Task item:
If a line of the material contains "refl", copy it.

=== Data ===

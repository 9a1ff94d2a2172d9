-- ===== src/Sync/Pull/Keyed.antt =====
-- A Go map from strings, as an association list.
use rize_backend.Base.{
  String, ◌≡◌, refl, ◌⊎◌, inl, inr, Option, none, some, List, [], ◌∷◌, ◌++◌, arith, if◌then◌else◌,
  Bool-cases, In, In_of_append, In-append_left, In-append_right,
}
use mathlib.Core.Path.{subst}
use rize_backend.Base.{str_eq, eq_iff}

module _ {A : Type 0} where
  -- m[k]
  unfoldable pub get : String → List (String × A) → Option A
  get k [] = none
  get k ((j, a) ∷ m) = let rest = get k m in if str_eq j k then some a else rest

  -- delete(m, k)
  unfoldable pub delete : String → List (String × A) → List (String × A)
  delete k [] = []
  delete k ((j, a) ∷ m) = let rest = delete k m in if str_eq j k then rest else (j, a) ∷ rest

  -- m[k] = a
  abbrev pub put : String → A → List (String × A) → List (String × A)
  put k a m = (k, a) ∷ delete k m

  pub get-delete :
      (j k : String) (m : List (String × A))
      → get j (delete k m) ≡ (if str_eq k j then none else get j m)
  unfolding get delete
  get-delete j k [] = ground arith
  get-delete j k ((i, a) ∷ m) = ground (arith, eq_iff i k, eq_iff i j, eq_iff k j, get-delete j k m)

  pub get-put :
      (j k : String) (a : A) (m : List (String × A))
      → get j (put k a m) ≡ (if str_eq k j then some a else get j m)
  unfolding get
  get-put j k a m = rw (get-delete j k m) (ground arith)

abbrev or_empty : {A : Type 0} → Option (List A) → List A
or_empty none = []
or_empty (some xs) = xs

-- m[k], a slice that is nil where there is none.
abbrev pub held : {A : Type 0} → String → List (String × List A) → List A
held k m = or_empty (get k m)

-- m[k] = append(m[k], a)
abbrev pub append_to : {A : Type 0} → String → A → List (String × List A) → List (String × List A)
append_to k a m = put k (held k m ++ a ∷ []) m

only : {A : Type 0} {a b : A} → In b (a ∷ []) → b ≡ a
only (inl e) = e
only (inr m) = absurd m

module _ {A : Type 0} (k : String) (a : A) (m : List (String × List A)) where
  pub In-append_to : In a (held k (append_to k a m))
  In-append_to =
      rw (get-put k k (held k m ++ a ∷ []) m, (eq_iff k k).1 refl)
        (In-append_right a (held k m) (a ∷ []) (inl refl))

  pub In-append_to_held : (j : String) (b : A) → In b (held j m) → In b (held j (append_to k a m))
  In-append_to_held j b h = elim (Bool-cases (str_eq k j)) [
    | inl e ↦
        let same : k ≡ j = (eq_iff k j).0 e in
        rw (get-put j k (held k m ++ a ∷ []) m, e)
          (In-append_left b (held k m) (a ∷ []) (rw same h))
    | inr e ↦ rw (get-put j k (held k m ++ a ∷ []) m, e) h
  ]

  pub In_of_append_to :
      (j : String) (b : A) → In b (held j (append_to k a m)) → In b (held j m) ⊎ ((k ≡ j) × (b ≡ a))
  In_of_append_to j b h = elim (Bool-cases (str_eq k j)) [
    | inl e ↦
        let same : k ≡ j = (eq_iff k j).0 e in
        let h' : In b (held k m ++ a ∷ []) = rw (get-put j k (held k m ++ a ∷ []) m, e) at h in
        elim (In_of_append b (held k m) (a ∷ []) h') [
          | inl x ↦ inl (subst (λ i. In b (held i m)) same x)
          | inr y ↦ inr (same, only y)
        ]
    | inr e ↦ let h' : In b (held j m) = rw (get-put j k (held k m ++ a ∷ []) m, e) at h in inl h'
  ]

===

Written reply:
  String, ◌≡◌, refl, ◌⊎◌, inl, inr, Option, none, some, List, [], ◌∷◌, ◌++◌, arith, if◌then◌else◌,
      rw (get-put k k (held k m ++ a ∷ []) m, (eq_iff k k).1 refl)
        (In-append_right a (held k m) (a ∷ []) (inl refl))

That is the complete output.